PROVIDED RECORDS:
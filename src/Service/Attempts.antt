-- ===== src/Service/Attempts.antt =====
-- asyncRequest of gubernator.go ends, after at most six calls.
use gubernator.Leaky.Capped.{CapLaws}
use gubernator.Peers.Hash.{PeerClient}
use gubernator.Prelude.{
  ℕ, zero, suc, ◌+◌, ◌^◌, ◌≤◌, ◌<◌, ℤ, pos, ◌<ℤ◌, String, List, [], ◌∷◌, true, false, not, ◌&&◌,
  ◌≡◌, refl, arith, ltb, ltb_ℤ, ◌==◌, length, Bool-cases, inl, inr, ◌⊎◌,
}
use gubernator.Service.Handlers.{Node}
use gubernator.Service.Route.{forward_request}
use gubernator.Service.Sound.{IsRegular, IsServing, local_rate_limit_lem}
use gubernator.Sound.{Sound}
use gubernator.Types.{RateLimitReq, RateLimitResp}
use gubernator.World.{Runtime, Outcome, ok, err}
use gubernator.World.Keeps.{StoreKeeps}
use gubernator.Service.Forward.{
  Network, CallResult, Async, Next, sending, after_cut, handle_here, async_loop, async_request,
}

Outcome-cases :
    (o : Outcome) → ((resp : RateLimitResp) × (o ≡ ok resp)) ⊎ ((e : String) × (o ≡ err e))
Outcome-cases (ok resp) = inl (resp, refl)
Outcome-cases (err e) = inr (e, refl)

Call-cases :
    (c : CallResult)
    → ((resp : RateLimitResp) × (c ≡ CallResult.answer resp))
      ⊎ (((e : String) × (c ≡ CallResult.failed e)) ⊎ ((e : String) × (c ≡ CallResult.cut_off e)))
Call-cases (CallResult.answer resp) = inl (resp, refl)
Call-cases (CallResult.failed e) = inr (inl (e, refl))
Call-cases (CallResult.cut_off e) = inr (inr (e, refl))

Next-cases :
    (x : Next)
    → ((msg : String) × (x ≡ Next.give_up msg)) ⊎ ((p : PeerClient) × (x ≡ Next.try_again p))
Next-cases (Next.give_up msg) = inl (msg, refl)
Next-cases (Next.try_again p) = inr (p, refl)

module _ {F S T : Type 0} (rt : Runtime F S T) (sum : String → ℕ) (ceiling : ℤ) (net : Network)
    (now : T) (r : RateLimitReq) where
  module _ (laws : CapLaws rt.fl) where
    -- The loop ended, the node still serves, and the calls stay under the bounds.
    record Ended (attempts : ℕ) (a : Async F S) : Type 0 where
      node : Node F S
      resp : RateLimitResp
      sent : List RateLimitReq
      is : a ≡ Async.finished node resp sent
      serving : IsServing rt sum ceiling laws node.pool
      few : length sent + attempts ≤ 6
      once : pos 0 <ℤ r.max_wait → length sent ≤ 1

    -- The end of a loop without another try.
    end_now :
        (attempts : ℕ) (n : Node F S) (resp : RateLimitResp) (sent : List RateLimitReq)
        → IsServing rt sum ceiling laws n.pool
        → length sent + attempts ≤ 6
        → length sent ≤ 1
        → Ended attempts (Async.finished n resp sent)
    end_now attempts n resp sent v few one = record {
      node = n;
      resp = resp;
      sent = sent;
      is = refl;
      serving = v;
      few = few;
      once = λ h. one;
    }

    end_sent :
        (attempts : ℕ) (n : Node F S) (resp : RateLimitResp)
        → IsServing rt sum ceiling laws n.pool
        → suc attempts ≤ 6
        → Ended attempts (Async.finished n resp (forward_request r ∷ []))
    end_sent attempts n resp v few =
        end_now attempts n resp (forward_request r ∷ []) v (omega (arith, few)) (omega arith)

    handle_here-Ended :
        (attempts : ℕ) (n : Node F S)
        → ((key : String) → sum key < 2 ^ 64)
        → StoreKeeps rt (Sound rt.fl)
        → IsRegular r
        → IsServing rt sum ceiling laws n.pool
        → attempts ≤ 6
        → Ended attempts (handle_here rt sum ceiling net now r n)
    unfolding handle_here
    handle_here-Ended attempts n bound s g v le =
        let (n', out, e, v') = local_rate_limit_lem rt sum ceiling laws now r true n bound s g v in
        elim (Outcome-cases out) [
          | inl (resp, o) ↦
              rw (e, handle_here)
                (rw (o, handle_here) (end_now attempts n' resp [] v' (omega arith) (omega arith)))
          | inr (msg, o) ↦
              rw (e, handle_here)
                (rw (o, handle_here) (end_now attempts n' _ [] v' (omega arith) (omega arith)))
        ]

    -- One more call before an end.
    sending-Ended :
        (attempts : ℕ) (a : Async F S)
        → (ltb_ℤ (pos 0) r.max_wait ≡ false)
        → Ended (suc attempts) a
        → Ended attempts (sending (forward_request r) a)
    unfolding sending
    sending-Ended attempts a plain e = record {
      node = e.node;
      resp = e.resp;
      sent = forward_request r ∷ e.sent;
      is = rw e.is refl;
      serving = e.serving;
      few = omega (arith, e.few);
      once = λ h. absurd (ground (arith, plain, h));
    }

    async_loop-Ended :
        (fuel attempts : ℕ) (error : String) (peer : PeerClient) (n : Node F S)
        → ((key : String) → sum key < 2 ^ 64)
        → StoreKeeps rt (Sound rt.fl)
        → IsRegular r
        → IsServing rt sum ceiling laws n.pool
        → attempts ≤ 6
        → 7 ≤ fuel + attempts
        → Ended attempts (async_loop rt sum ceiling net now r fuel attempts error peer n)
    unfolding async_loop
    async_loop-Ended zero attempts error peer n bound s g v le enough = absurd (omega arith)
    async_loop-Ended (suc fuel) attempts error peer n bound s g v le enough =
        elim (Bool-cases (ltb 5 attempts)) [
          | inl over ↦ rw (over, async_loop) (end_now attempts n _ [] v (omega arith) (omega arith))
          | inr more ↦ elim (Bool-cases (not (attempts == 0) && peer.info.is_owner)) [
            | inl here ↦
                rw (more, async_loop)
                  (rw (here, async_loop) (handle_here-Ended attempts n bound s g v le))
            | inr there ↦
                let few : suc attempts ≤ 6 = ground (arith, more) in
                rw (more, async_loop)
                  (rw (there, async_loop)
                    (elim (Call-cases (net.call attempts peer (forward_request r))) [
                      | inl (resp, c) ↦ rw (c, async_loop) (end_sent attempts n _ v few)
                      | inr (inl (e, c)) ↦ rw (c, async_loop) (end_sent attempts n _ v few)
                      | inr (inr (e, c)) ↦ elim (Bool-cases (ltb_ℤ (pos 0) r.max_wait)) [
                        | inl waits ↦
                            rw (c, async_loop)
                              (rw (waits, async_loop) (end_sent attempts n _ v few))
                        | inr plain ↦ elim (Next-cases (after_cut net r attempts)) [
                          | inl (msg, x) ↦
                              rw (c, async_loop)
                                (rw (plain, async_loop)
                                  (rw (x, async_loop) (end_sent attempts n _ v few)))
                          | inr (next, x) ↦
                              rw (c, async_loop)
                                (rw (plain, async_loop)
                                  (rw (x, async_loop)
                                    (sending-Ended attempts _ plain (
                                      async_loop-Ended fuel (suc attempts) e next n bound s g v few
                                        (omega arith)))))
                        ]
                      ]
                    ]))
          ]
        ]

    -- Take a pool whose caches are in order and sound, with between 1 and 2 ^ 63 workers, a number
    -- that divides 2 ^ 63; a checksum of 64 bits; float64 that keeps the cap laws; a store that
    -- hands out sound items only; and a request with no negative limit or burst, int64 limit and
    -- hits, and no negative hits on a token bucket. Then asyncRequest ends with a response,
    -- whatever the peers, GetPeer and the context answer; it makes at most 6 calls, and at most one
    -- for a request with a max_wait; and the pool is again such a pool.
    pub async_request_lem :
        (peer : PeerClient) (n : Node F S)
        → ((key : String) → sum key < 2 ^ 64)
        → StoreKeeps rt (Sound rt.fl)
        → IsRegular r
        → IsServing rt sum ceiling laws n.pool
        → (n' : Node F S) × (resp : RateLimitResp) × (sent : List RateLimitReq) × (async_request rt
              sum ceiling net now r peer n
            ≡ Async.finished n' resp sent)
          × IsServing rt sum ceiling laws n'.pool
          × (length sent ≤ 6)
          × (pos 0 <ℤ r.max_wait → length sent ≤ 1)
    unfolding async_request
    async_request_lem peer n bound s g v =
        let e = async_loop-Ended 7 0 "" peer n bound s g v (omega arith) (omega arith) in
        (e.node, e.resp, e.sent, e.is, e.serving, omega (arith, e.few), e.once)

WHAT TO DO: Where the listing above reaches the line that contains "(x ≡ Next.try_again p))", start retyping, and finish with the line that contains "module _ (laws : CapLaws rt.fl) where"; reproduce those lines exactly and no others.

ANSWER FOR THIS EXERCISE:
    → ((msg : String) × (x ≡ Next.give_up msg)) ⊎ ((p : PeerClient) × (x ≡ Next.try_again p))
Next-cases (Next.give_up msg) = inl (msg, refl)
Next-cases (Next.try_again p) = inr (p, refl)

module _ {F S T : Type 0} (rt : Runtime F S T) (sum : String → ℕ) (ceiling : ℤ) (net : Network)
    (now : T) (r : RateLimitReq) where
  module _ (laws : CapLaws rt.fl) where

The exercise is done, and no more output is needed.